Public Reading, 11 Castle Street, Reading, Berks., RG1 7SB.
“I wanna play a game.” Oh, no! Has that weird evil trike-boy robot with the swirly ball cheeks from daft noughties blood’n’guts orgy Saw opened a bar in Reading?! Obviously not – his tiny little Trump hands aren’t nearly capacious and agile enough to be able to pull a satisfactory pint, and he’s probably underage to boot. But still, he’d bloody love Public, the recently opened gaming pub/bar thing that’s just replaced Rynd (RYP). There’s board games, pub games and games games games bursting out of every square inch of it, and after a particularly impassioned five hour session of Monopoly fuelled by gut-bleachingly strong cocktails, there’s gonna be some dismembered corpses littering the place. Just the ticket for any psychotic child’s bike-riding killer.
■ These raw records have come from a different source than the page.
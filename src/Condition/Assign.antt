-- ===== src/Condition/Assign.antt =====
-- impl/lnpl/condition.py: `parse_assignment`, `parse_format` and the readers of a right-hand side.
pub mod Reads
pub mod Fits
pub mod Normal
pub mod Strict
use linkly.Base.{
  ℕ, ◌≡◌, refl, Bool, true, false, ◌&&◌, ◌||◌, not, List, [], ◌∷◌, ◌++◌, ltb, ◌==◌, ◌+◌,
  if◌then◌else◌, all, length, Option, none, some,
}
use linkly.Base.Result.{Result, ok, err, ◌>>=◌}
use linkly.Base.Text.{Text, codes, same_text, cut_suffix}
use linkly.Base.Words.{words}
use linkly.Lexer.Words.{AggFunc, agg_func?}
use linkly.Condition.Names.{is_reference_name}
use linkly.Condition.Syntax.{
  Value, AssignRhs, value, aggregate, format_call, aggregate_shape, bad_aggregate_ref, bad_template,
  embedded_quote, no_with, empty_with, bad_argument, missing_template, missing_value, no_set, no_to,
  bad_target_count, bad_target, no_value, no_format, format_shape, no_from, placeholder_count,
}
use linkly.Condition.Parse.{Parsed, parse_value}

-- `_parse_aggregate`, the function word already read.
unfoldable pub parse_aggregate : AggFunc → List Text → Parsed AssignRhs
parse_aggregate func (name ∷ []) =
    if is_reference_name name then ok (aggregate func name) else err bad_aggregate_ref
parse_aggregate func _ = err aggregate_shape

-- `'"' in template`
unfoldable pub has_quote : Text → Bool
has_quote [] = false
has_quote (c ∷ s) = c == b'"' || has_quote s

-- The text between the quotes, if the token has one at each end.
abbrev pub unquote : Text → Option Text
unquote [] = none
unquote (c ∷ s) = if c == b'"' then cut_suffix (codes "\"") s else none

-- `_parse_template_token` on what stands between the quotes.
abbrev pub check_template : Option Text → Parsed Text
check_template none = err bad_template
check_template (some template) = if has_quote template then err embedded_quote else ok template

unfoldable pub parse_template_token : Text → Parsed Text
parse_template_token token = check_template (unquote token)

-- The loop of `_parse_with_clause`.
unfoldable pub parse_arguments : List Text → Parsed (List Text)
parse_arguments [] = ok []
parse_arguments (tok ∷ toks) =
    let rest = do args ← parse_arguments toks; ok (tok ∷ args)
    in if is_reference_name tok then rest else err bad_argument

-- `_parse_with_clause`
unfoldable pub parse_with_clause : List Text → Parsed (List Text)
parse_with_clause [] = ok []
parse_with_clause (w ∷ []) = if same_text w (codes "with") then err empty_with else err no_with
parse_with_clause (w ∷ tok ∷ toks) =
    if same_text w (codes "with") then parse_arguments (tok ∷ toks) else err no_with

-- `_parse_format_rhs`, behind the word `format`.
unfoldable pub parse_format_rhs : List Text → Parsed AssignRhs
parse_format_rhs [] = err missing_template
parse_format_rhs (token ∷ rest) = do
  template ← parse_template_token token
  args ← parse_with_clause rest
  ok (format_call template args)

abbrev pub as_value : List Text → Parsed AssignRhs
as_value toks = do v ← parse_value toks; ok (value v)

-- `_parse_value_or_aggregate`, by what the first token is.
abbrev pub parse_rhs_by : Option AggFunc → Bool → List Text → List Text → Parsed AssignRhs
parse_rhs_by (some func) is_format toks rest = parse_aggregate func rest
parse_rhs_by none true toks rest = parse_format_rhs rest
parse_rhs_by none false toks rest = as_value toks

-- `_parse_value_or_aggregate`
unfoldable pub parse_rhs : List Text → Parsed AssignRhs
parse_rhs [] = as_value []
parse_rhs (tok ∷ toks) =
    parse_rhs_by (agg_func? tok) (same_text tok (codes "format")) (tok ∷ toks) toks

-- `parse_value_or_aggregate`, from the words of the text on
abbrev pub read_rhs : List Text → Parsed AssignRhs
read_rhs [] = err missing_value
read_rhs (tok ∷ toks) = parse_rhs (tok ∷ toks)

unfoldable pub parse_value_or_aggregate : Text → Parsed AssignRhs
parse_value_or_aggregate text = read_rhs (words text)

-- `parse_value`, from the words of the text on
abbrev pub read_value : List Text → Parsed Value
read_value [] = err missing_value
read_value (tok ∷ toks) = parse_value (tok ∷ toks)

unfoldable pub parse_value_text : Text → Parsed Value
parse_value_text text = read_value (words text)

-- The tokens before the first `to`, and those behind it.
unfoldable pub split_at_to : List Text → Option (List Text × List Text)
split_at_to [] = none
split_at_to (tok ∷ toks) =
    let rest = split_at_to toks in
    if same_text tok (codes "to")
    then some ([], toks)
    else elim rest [ none ↦ none | some (before, behind) ↦ some (tok ∷ before, behind) ]

-- `parse_assignment` from `target_tokens` on
unfoldable pub assign_to : List Text → List Text → Parsed (Text × AssignRhs)
assign_to (target ∷ []) [] = if is_reference_name target then err no_value else err bad_target
assign_to (target ∷ []) (tok ∷ toks) =
    if is_reference_name target
    then (do rhs ← parse_rhs (tok ∷ toks); ok (target, rhs))
    else err bad_target
assign_to _ behind = err bad_target_count

abbrev pub assign_parts : Option (List Text × List Text) → Parsed (Text × AssignRhs)
assign_parts none = err no_to
assign_parts (some (before, behind)) = assign_to before behind

unfoldable pub assign_tokens : List Text → Parsed (Text × AssignRhs)
assign_tokens [] = err no_set
assign_tokens (tok ∷ toks) =
    if same_text tok (codes "set") then assign_parts (split_at_to toks) else err no_set

-- `parse_assignment`
unfoldable pub parse_assignment : Text → Parsed (Text × AssignRhs)
parse_assignment text = assign_tokens (words text)

-- `template.count("{}")`: the occurrences that do not overlap.
unfoldable pub count_placeholders : Text → ℕ
count_placeholders [] = 0
count_placeholders (c ∷ []) = 0
count_placeholders (c ∷ d ∷ s) =
    let here = 1 + count_placeholders s in
    let there = count_placeholders (d ∷ s) in if c == b'{' && d == b'}' then here else there

-- `_check_placeholder_count`, and then the return of `parse_format`
abbrev pub check_count : Bool → Text × AssignRhs → Parsed (Text × AssignRhs)
check_count true made = ok made
check_count false made = err placeholder_count

-- `parse_format`, from the template on
unfoldable pub format_parts : Text → Text → List Text → Parsed (Text × AssignRhs)
format_parts target token rest = do
  template ← parse_template_token token
  args ← parse_with_clause rest
  check_count (count_placeholders template == length args) (target, format_call template args)

unfoldable pub format_tokens : List Text → Parsed (Text × AssignRhs)
format_tokens [] = err no_format
format_tokens (tok ∷ target ∷ from ∷ template ∷ rest) =
    if not (same_text tok (codes "format"))
    then err no_format
    else if not (is_reference_name target)
    then err bad_target
    else if not (same_text from (codes "from"))
    then err no_from
    else format_parts target template rest
format_tokens (tok ∷ toks) =
    if same_text tok (codes "format") then err format_shape else err no_format

-- `parse_format`
unfoldable pub parse_format : Text → Parsed (Text × AssignRhs)
parse_format text = format_tokens (words text)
But let’s assume you’re not one of those. Are YOU going to think it’s “good game, good game”? Let’s take our over-sized chins and suspiciously young Puerto Rican wives in there and check it out.
Location: Where Rynd was. Y’know, on the site of the old Dogma. That bar Evissa was. You know where we mean. Used to be The Litten Tree. So, yeah. All the best, Public. They’ve got their Christmas menu out on tables already. Our first thought? ‘Ambitious‘.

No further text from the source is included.